Having found merit to appellant's third and fifth assignments of error, this assignment of error is moot.

This court is most reluctant to substitute its judgment for that of a jury. Nowhere is that more evident than in a murder case. The stakes are high on both sides, and for the system to truly be effective, second-guessing must be kept to an absolute minimum. In most all circumstances, justice requires that the trier of fact be given a great deal of latitude in making decisions. Thus, in most cases of this magnitude, simple errors are not only expected, but excused, provided that there has been a fair trial overall.

In cases where the evidence of guilt is clear and unequivocal, an erroneous ruling on an evidentiary matter simply does not rise to the level of tipping the scales of justice. Where there are witnesses to the crime to be believed or not believed, each individual piece of evidence loses its singular ability to carry the day. If there are ten witnesses, and only one has been erroneously handled by the trial court, we believe justice has been served, in most instances.

However, in the instant matter, there are not ten witnesses. In fact, there are no witnesses to directly testify this defendant committed this crime. Instead, there are highly probative and relevant witnesses who presented circumstantial evidence that leads to the inference that this defendant was guilty. In such a situation, where the evidence of guilt is a close call, the trial court's evidentiary rulings carry far more potential for a miscarriage of justice.

The hard evidence before this jury was that the defendant was a narcotic-smoking grandson. It is not possible for a jury to be presented with this impermissible evidence and remain impartial.
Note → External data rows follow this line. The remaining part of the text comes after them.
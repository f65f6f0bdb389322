-- ===== src/Examples/Playlists.antt =====
-- The playlists' theorems at one playlist of two tracks, of which the first is taken out.
use mathlib.Core.Option.{join}
use cywl_oopz.Commands.Parsing.{split_from, split_from, split}
use mathlib.Core.Option
use cywl_oopz.Music.Models.{QueuedTrack}
use cywl_oopz.Music.Session.{MusicSession, new_session}
use cywl_oopz.Music.Requests.{reserve_voice, start_worker}
use cywl_oopz.Music.Controls.{replace_queue}
use cywl_oopz.Music.Playlists.Service
use cywl_oopz.Music.Playlists.Service.{
  ServiceError, ActorContext, NeteasePlaylistSnapshot, NeteasePlaylistImport, PlaylistQueueLoad,
  load, area_id, normalize_name, queued_tracks,
}
use cywl_oopz.Music.Playlists.Imports.{import_netease, preview_netease, check_snapshot}
use cywl_oopz.Music.Playlists.Serving.{load-queue}
use cywl_oopz.Music.Playlists.Importing.{IsImported, import_netease-get}
use cywl_oopz.Examples.Music.{channel, song, granting}
use cywl_oopz.Music.Playlists.Tables.{Tables}
use cywl_oopz.Music.Playlists.Rows.{
  enumerate, insert_by_position, create_with_tracks, order_by_position, new_track, new_playlist,
  playlist_with, get, create, append, find_playlist,
}
use cywl_oopz.Music.Playlists.Shelf.{
  Entry, Album, Change, creates, appends, removes, change, shelf, spec, find_album,
}
use cywl_oopz.Music.Playlists.Rearranged.{IsOrderly}
use cywl_oopz.Music.Playlists.Refinement.{shelf_after, change-shelf}
use cywl_oopz.Music.Playlists.Orderly.{
  run, no_tables, run-IsOrderly, AllDrawn, shown, InPlace, get-shelf,
}
use cywl_oopz.Prelude.{
  length, ◌+◌, ok, map, some, true, Result, false, none, ◌≡◌, refl, List, [], ◌∷◌,
}
use cywl_oopz.Prelude.Text.{is_space, lstrip, strip, codes}

abbrev changes : List Change
changes =
    creates 100 1 (codes "hall") (codes "Night") (codes "night") (codes "ann")
    ∷ appends 101 7 (codes "hall") 1 song (codes "ann") 2
    ∷ appends 102 8 (codes "hall") 1 song (codes "bob") 2
    ∷ []

abbrev tables : Tables
tables = run no_tables changes

changes-drawn : AllDrawn 2 no_tables changes
unfolding run change create append find_playlist
changes-drawn = (tt, ((tt, refl), (((refl, tt), refl), tt)))

run-IsOrderly_example : IsOrderly 2 tables
run-IsOrderly_example = run-IsOrderly 2 changes changes-drawn

tables-IsOrderly : IsOrderly 2 tables
tables-IsOrderly = run-IsOrderly 2 changes changes-drawn

change-shelf_example :
    shelf_after (change (removes 103 (codes "hall") 1 7) tables)
    ≡ spec (removes 103 (codes "hall") 1 7) (shelf tables)
change-shelf_example = change-shelf (removes 103 (codes "hall") 1 7) tables tt

get-shelf_example :
    (Option.map shown (get (codes "hall") 1 tables) ≡ find_album (codes "hall") 1 (shelf tables))
    × InPlace (get (codes "hall") 1 tables)
get-shelf_example = get-shelf 2 (codes "hall") 1 tables tables-IsOrderly

abbrev ann : ActorContext
ann = record {
  person_id = codes "ann";
  conversation = record {
    scope = codes "s";
    area_id = codes " hall ";
    channel_id = codes "desk";
    person_id = codes "ann";
  };
}

abbrev outcome : PlaylistQueueLoad
outcome = record {
  playlist_id = 1;
  playlist_name = codes "Night";
  queue = record {
    voice_channel = channel;
    loaded_count = 2;
    replaced_current = false;
    started_worker = true;
  };
}

abbrev later : MusicSession
later = (load 9 granting channel (λ n. n) ann 1 tables new_session).1

loads : load 9 granting channel (λ n. n) ann 1 tables new_session ≡ (ok (outcome, none), later)
unfolding load Service.get area_id strip lstrip is_space get find_playlist order_by_position
    insert_by_position queued_tracks replace_queue reserve_voice start_worker run change create
    append
loads = refl

load-queue_example :
    (a : Album) × (find_album (strip ann.conversation.area_id) 1 (shelf tables) ≡ some a)
    × (map (λ (q : QueuedTrack). q.track) later.queue ≡ map (λ (e : Entry). e.1) a.entries)
    × (outcome.queue.loaded_count ≡ length a.entries)
load-queue_example =
    load-queue 2 9 granting channel (λ n. n) ann 1 tables new_session later outcome none
      tables-IsOrderly loads

abbrev snapshot : NeteasePlaylistSnapshot
snapshot = record {
  source_id = codes "5";
  name = codes " Late  Show ";
  declared_track_count = 2;
  tracks = song ∷ song ∷ [];
}

abbrev import : Tables → Result ServiceError (NeteasePlaylistImport × Tables)
import =
    import_netease (λ s. s) (λ s. s) (some (λ reference limit. ok snapshot)) 9 104 2 (λ n. n + 20)
      ann (codes "5") none false

abbrev stored : NeteasePlaylistImport
stored = record {
  source_id = codes "5";
  source_name = codes " Late  Show ";
  declared_track_count = 2;
  playlist =
      playlist_with
        (new_playlist 104 2 (codes "hall") (codes "Late Show") (codes "Late Show") (codes "ann"))
        (new_track 104 21 2 1 song (codes "ann") ∷ new_track 104 22 2 2 song (codes "ann") ∷ []);
}

abbrev with_import : Tables
with_import = record {
  playlists =
      new_playlist 104 2 (codes "hall") (codes "Late Show") (codes "Late Show") (codes "ann") ∷ [];
  tracks = new_track 104 21 2 1 song (codes "ann") ∷ new_track 104 22 2 2 song (codes "ann") ∷ [];
}

imports_it : import no_tables ≡ ok (stored, with_import)
unfolding import_netease area_id strip lstrip is_space preview_netease check_snapshot normalize_name
    create_with_tracks split split_from join enumerate
imports_it = refl

import_netease-get_example : IsImported ann 2 9 false snapshot stored with_import
unfolding preview_netease
import_netease-get_example =
    import_netease-get (λ s. s) (λ s. s) (some (λ reference limit. ok snapshot)) 9 104 2
      (λ n. n + 20) ann (codes "5") none false no_tables with_import snapshot stored (tt, tt) refl
      imports_it
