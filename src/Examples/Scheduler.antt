-- ===== src/Examples/Scheduler.antt =====
-- The theorems on the scheduler of delegated tasks, with a limit of two tasks that read and one for
-- each owner.
use cywl_oopz.Prelude.{
  arith, ℕ, ◌+◌, ◌≡◌, ◌⊎◌, refl, true, false, List, [], ◌∷◌, some, any, length, nat_eq, list_eq,
}
use cywl_oopz.Prelude.Text.{codes, strip}
use cywl_oopz.Delegation.Models.{mutation_serial, TaskRow}
use cywl_oopz.Delegation.Rows.{Rows}
use cywl_oopz.Delegation.Submissions.{new_row}
use cywl_oopz.Delegation.Claims.{is_free}
use cywl_oopz.Delegation.Scheduler.{
  Scheduler, Pass, make_scheduler, fill_capacity, filled_reads, has_mutation,
}
use cywl_oopz.Delegation.Operations.{Leaving}
use cywl_oopz.Delegation.Limits.{IsBounded}
use cywl_oopz.Delegation.Restart.{calm, restarted, IsResumed, restart-IsResumed}
use cywl_oopz.Delegation.Models.{running}
use cywl_oopz.Delegation.Work.{IsIdle, fill_capacity_works}
use cywl_oopz.Delegation.Scheduling.{
  Event, fills, cancels, leaves, starts, closes, handle_all, handle_all-IsBounded,
  make_scheduler-IsRunnable,
}
use cywl_oopz.Examples.Delegation.{lookup, change}

abbrev rows : Rows
rows =
    new_row 1 100 1 lookup
    ∷ new_row 2 101 1 (record lookup { owner_person_id = codes "bob" })
    ∷ new_row 3 102 2 lookup
    ∷ new_row 4 103 3 change
    ∷ []

abbrev scheduler : Scheduler
scheduler = record {
  limits = record { read_concurrency = 2; per_user_concurrency = 1; worker_id = codes "w" };
  active = [];
  rows = rows;
  operations = 0;
  closing = false;
  started = false;
}

-- Nothing happens in between.
abbrev quiet : ℕ → Pass
quiet k = record {
  ended = [];
  others = λ rows. rows;
  fails = false;
  now = 9 + k;
  locked = λ id. false;
}

abbrev events : List Event
events =
    starts (quiet 0)
    ∷ fills quiet
    ∷ leaves Leaving.returns (quiet 0) (quiet 0) (new_row 1 100 1 lookup).task
    ∷ cancels quiet (101 ∷ [])
    ∷ fills quiet
    ∷ closes (quiet 0) (quiet 1) (quiet 2)
    ∷ []

handle_all-IsBounded_example :
    IsBounded (handle_all events scheduler).limits (handle_all events scheduler).active
unfolding make_scheduler
handle_all-IsBounded_example =
    handle_all-IsBounded 2 1 (some (codes "w")) (codes "drawn") rows scheduler events refl

nothing_active : IsBounded scheduler.limits scheduler.active
unfolding make_scheduler
nothing_active =
    (make_scheduler-IsRunnable 2 1 (some (codes "w")) (codes "drawn") rows scheduler refl).bounded

fill_capacity_works_example :
    ((length (filled_reads quiet scheduler).read_active ≡ 2)
      ⊎ IsIdle quiet scheduler.limits
          (filled_reads quiet scheduler).read_active
          (filled_reads quiet scheduler).scheduler.rows)
    × ((has_mutation (fill_capacity quiet scheduler).1.active ≡ true)
        ⊎ (any
              (is_free
                (quiet (filled_reads quiet scheduler).claims).now
                (quiet (filled_reads quiet scheduler).claims).locked
                (mutation_serial ∷ [])
                [])
              (fill_capacity quiet scheduler).1.rows
            ≡ false))
unfolding fill_capacity strip
fill_capacity_works_example = fill_capacity_works quiet scheduler nothing_active refl

-- One task is run when the scheduler is closed, and the recovery of the close fails.
abbrev running_row : TaskRow
running_row = record (new_row 1 100 1 lookup) {
  worker_id = codes "w";
  task = record (new_row 1 100 1 lookup).task { status = running };
}

abbrev at_work : Scheduler
at_work = record scheduler { rows = running_row ∷ new_row 4 103 3 change ∷ []; started = true }

abbrev failing : Pass
failing = record (quiet 2) { fails = true }

restart-IsResumed_example :
    IsResumed
      (λ k. calm (20 + k))
      (restarted (quiet 0) (quiet 1) failing 15 at_work).0
      (restarted (quiet 0) (quiet 1) failing 15 at_work).1
unfolding strip
restart-IsResumed_example =
    restart-IsResumed (quiet 0) (quiet 1) failing 15 20 (λ k. calm (20 + k)) at_work refl
      (omega arith) refl (omega arith) (omega arith) refl refl
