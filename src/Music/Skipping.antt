-- ===== src/Music/Skipping.antt =====
-- skip and clear of features/music/service.py, followed by _finish_attempt of
-- features/music/playback.py, which disposes of the track that gave way.
use cywl_oopz.Prelude.{
  ◌≡◌, true, false, [], ◌∷◌, ◌++◌, none, some, arith, if◌then◌else◌, ==_refl, nat_eq,
}
use cywl_oopz.Prelude.Dict.{get-pop}
use cywl_oopz.Music.Models.{VoiceChannelKey, QueuedTrack, is_all}
use cywl_oopz.Music.Session.{MusicSession}
use cywl_oopz.Music.Requests.{Surroundings}
use cywl_oopz.Music.Controls.{skip, clear}
use cywl_oopz.Music.Prepare.{Run, PlaybackAttempt, retries}
use cywl_oopz.Music.Worker.{finish_attempt}

-- What disposing of a skipped track leaves.
abbrev pub Skipped : QueuedTrack → MusicSession → Run → Type 0
Skipped item s t =
    (t.session.queue ≡ s.queue)
    × (t.session.cycle_history
        ≡ (if s.retain_skipped_for_cycle then s.cycle_history ++ item ∷ [] else s.cycle_history))
    × (t.session.current ≡ none)
    × (t.session.skip_requested ≡ false)
    × (t.session.retain_skipped_for_cycle ≡ false)
    × (retries t.backend_retries item ≡ 0)
    × (retries t.media_retries item ≡ 0)

finish-Skipped :
    (item : QueuedTrack) (a : PlaybackAttempt) (r : Run)
    → r.session.skip_requested ≡ true
    → Skipped item r.session (finish_attempt item a r)
unfolding finish_attempt
finish-Skipped item a r h = ground (
  arith,
  get-pop r.backend_retries item.id item.id,
  get-pop r.media_retries item.id item.id,
  ==_refl item.id,
)

-- However the attempt of the current track ended, if the track was skipped just before its
-- disposal it is not queued again, and it joins the next cycle exactly when everything is
-- repeated. Its retries are forgotten.
pub finish_attempt-skip :
    (item : QueuedTrack) (a : PlaybackAttempt) (r : Run) (s : MusicSession)
    → s.current ≡ some item
    → r.session ≡ (skip s).1
    → let t = finish_attempt item a r in
      (t.session.queue ≡ s.queue)
      × (t.session.cycle_history
          ≡ (if is_all s.policy.repeat then s.cycle_history ++ item ∷ [] else s.cycle_history))
      × (t.session.current ≡ none)
      × (retries t.backend_retries item ≡ 0)
      × (retries t.media_retries item ≡ 0)
unfolding skip
finish_attempt-skip item a r s c e = ground (
  arith,
  get-pop r.backend_retries item.id item.id,
  get-pop r.media_retries item.id item.id,
  ==_refl item.id,
  finish-Skipped item a r,
)

-- A track that was skipped and retained for the next cycle, whose attempt is disposed of after a
-- clear, is then in the cycle, alone.
pub finish_attempt-clear :
    (env : Surroundings) (channel : VoiceChannelKey) (item : QueuedTrack) (a : PlaybackAttempt)
    (r : Run) (s : MusicSession)
    → s.skip_requested ≡ true
    → s.retain_skipped_for_cycle ≡ true
    → r.session ≡ (clear env channel s).1
    → (finish_attempt item a r).session.cycle_history ≡ item ∷ []
unfolding clear
finish_attempt-clear env channel item a r s k t e = ground (arith, finish-Skipped item a r)
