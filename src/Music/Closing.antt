-- ===== src/Music/Closing.antt =====
-- How the worker of features/music/playback.py gives a session up: by _take_or_release on an empty
-- queue, or by _close_session.
use cywl_oopz.Prelude.{
  ℕ, ◌≡◌, refl, ap, ◌∙◌, inl, inr, Bool, true, false, not, ◌&&◌, ◌||◌, [], none, arith, Bool-cases,
  ◌⊎◌,
}
use cywl_oopz.Music.Models.{PlaybackState, is_all}
use cywl_oopz.Music.Session.{MusicSession, Rng, take_next, take_from, bump}
use cywl_oopz.Music.Session.Deque.{popleft}
use cywl_oopz.Music.Worker.{
  take_or_release, rebuild_cycle, release_session, drained, release_voice, close_session,
  close_session-cases, close_reserved, settle, abandon, is_empty, leave, releasing,
}

pub release_voice_lem :
    (returns : ℕ → Bool) → release_voice returns ≡ (returns 1 || returns 2 || returns 3)
unfolding release_voice
release_voice_lem returns = ground arith

-- A session that the worker has given up: nothing plays, and the voice is held only in a failure
-- that a later request can see.
pub record IsGivenUp (s : MusicSession) : Type 0 where
  pub no_current : s.current ≡ none
  pub holds_failed : s.voice_reserved ≡ true → s.state ≡ PlaybackState.failed
  pub settled : (s.state ≡ PlaybackState.idle) ⊎ (s.state ≡ PlaybackState.failed)

settle-abandon :
    (me : ℕ) (s : MusicSession)
    → let t = settle (abandon me s) in
      (t.current ≡ none)
      × (t.voice_reserved ≡ false)
      × ((t.state ≡ PlaybackState.idle) ⊎ (t.state ≡ PlaybackState.failed))
unfolding settle abandon
settle-abandon me s = ground arith

close_reserved-IsGivenUp :
    (released : Bool) (s : MusicSession)
    → s.current ≡ none
    → (s.state ≡ PlaybackState.idle) ⊎ (s.state ≡ PlaybackState.failed)
    → IsGivenUp (close_reserved released s)
unfolding close_reserved
close_reserved-IsGivenUp released s c e = elim (Bool-cases released) [
  | inl r ↦ ground arith
  | inr r ↦ ground arith
]

-- Whatever the session was when the worker was cancelled or halted, closing it leaves no current
-- track, an idle or a failed state, and the voice held only in a failed one.
pub close_session-IsGivenUp :
    (me : ℕ) (returns : ℕ → Bool) (s : MusicSession) → IsGivenUp (close_session me returns s)
close_session-IsGivenUp me returns s =
    let (c, v, e) = settle-abandon me s in
    close_session-cases me returns s IsGivenUp
      (record { no_current = c; holds_failed = λ h. cc; settled = e })
      (λ released. close_reserved-IsGivenUp released (settle (abandon me s)) c e)

drained-IsGivenUp :
    (released : Bool) (s : MusicSession) → s.current ≡ none → IsGivenUp (drained released s)
unfolding drained
drained-IsGivenUp released s c = elim (Bool-cases released) [
  | inl r ↦ rw r (record { no_current = c; holds_failed = λ h. cc; settled = inl refl })
  | inr r ↦ rw r (record { no_current = c; holds_failed = λ h. refl; settled = inr refl })
]

bump-IsGivenUp : (s : MusicSession) → IsGivenUp s → IsGivenUp (bump s)
bump-IsGivenUp s g = record {
  no_current = g.no_current;
  holds_failed = g.holds_failed;
  settled = g.settled;
}

leave-IsGivenUp : (me : ℕ) (s : MusicSession) → IsGivenUp s → IsGivenUp (leave me s)
leave-IsGivenUp me s g = record {
  no_current = ground arith;
  holds_failed = ground arith;
  settled = ground arith;
}

release_session-IsGivenUp :
    (me : ℕ) (returns : ℕ → Bool) (s : MusicSession) → IsGivenUp (release_session me returns s)
unfolding release_session
release_session-IsGivenUp me returns s =
    leave-IsGivenUp me _
      (bump-IsGivenUp _ (drained-IsGivenUp (release_voice returns) (releasing s) refl))

leave-reserved : (me : ℕ) (s : MusicSession) → (leave me s).voice_reserved ≡ s.voice_reserved
leave-reserved me s = ground arith

drained-reserved :
    (released : Bool) (s : MusicSession) → (drained released s).voice_reserved ≡ not released
unfolding drained
drained-reserved true s = refl
drained-reserved false s = refl

release_session-reserved :
    (me : ℕ) (returns : ℕ → Bool) (s : MusicSession)
    → (release_session me returns s).voice_reserved ≡ not (release_voice returns)
unfolding release_session
release_session-reserved me returns s =
    leave-reserved me _ ∙ drained-reserved (release_voice returns) (releasing s)

rebuilt_none :
    (s : MusicSession)
    → s.queue ≡ []
    → is_all s.policy.repeat && not (is_empty s.cycle_history) ≡ false
    → rebuild_cycle s ≡ s
unfolding rebuild_cycle
rebuilt_none s q n = ground arith

take_next-none : (rng : Rng) (s : MusicSession) → s.queue ≡ [] → take_next rng s ≡ none
unfolding take_next take_from popleft
take_next-none rng s q = ground arith

-- On an empty queue with nothing to repeat the worker takes no track, and gives the session up: the
-- voice stays reserved exactly when none of the three calls of voice.release returns.
take_or_release_empty :
    (me : ℕ) (rng : Rng) (returns : ℕ → Bool) (s : MusicSession)
    → s.queue ≡ []
    → is_all s.policy.repeat && not (is_empty s.cycle_history) ≡ false
    → let (item, t) = take_or_release me rng returns s in
      (item ≡ none) × IsGivenUp t × (t.voice_reserved ≡ not (returns 1 || returns 2 || returns 3))
unfolding take_or_release
take_or_release_empty me rng returns s q n = rw (rebuilt_none s q n) (
    rw (take_next-none rng s q) (
      refl,
      release_session-IsGivenUp me returns s,
      release_session-reserved me returns s ∙ ap not (release_voice_lem returns),
    ))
A man lies dead, and his grandson was a drug addict with a fingerprint on the murder weapon.

Take away the improper character assassination evidence, and what do you have? A key witness who testifies to a key time, and gives a different version to the police and the jury. It was clearly erroneous to not permit the jury to see the inconsistent statement given to the police. If the time was not important, why was the witness on the stand? It was important, and it was error to withhold that key piece of evidence from the jury.

With reluctance, it is the opinion of this court that the conviction in this matter was not the result of a fair trial. We offer no opinion as to the guilt or innocence of the defendant, for that is not our job. Having sustained appellant's third and fifth assignments of error, the judgment of the trial court is reversed and the case is remanded for a new trial in accordance with this opinion.

CHRISTLEY, J., concurs with Concurring Opinion, NADER, J., concurs.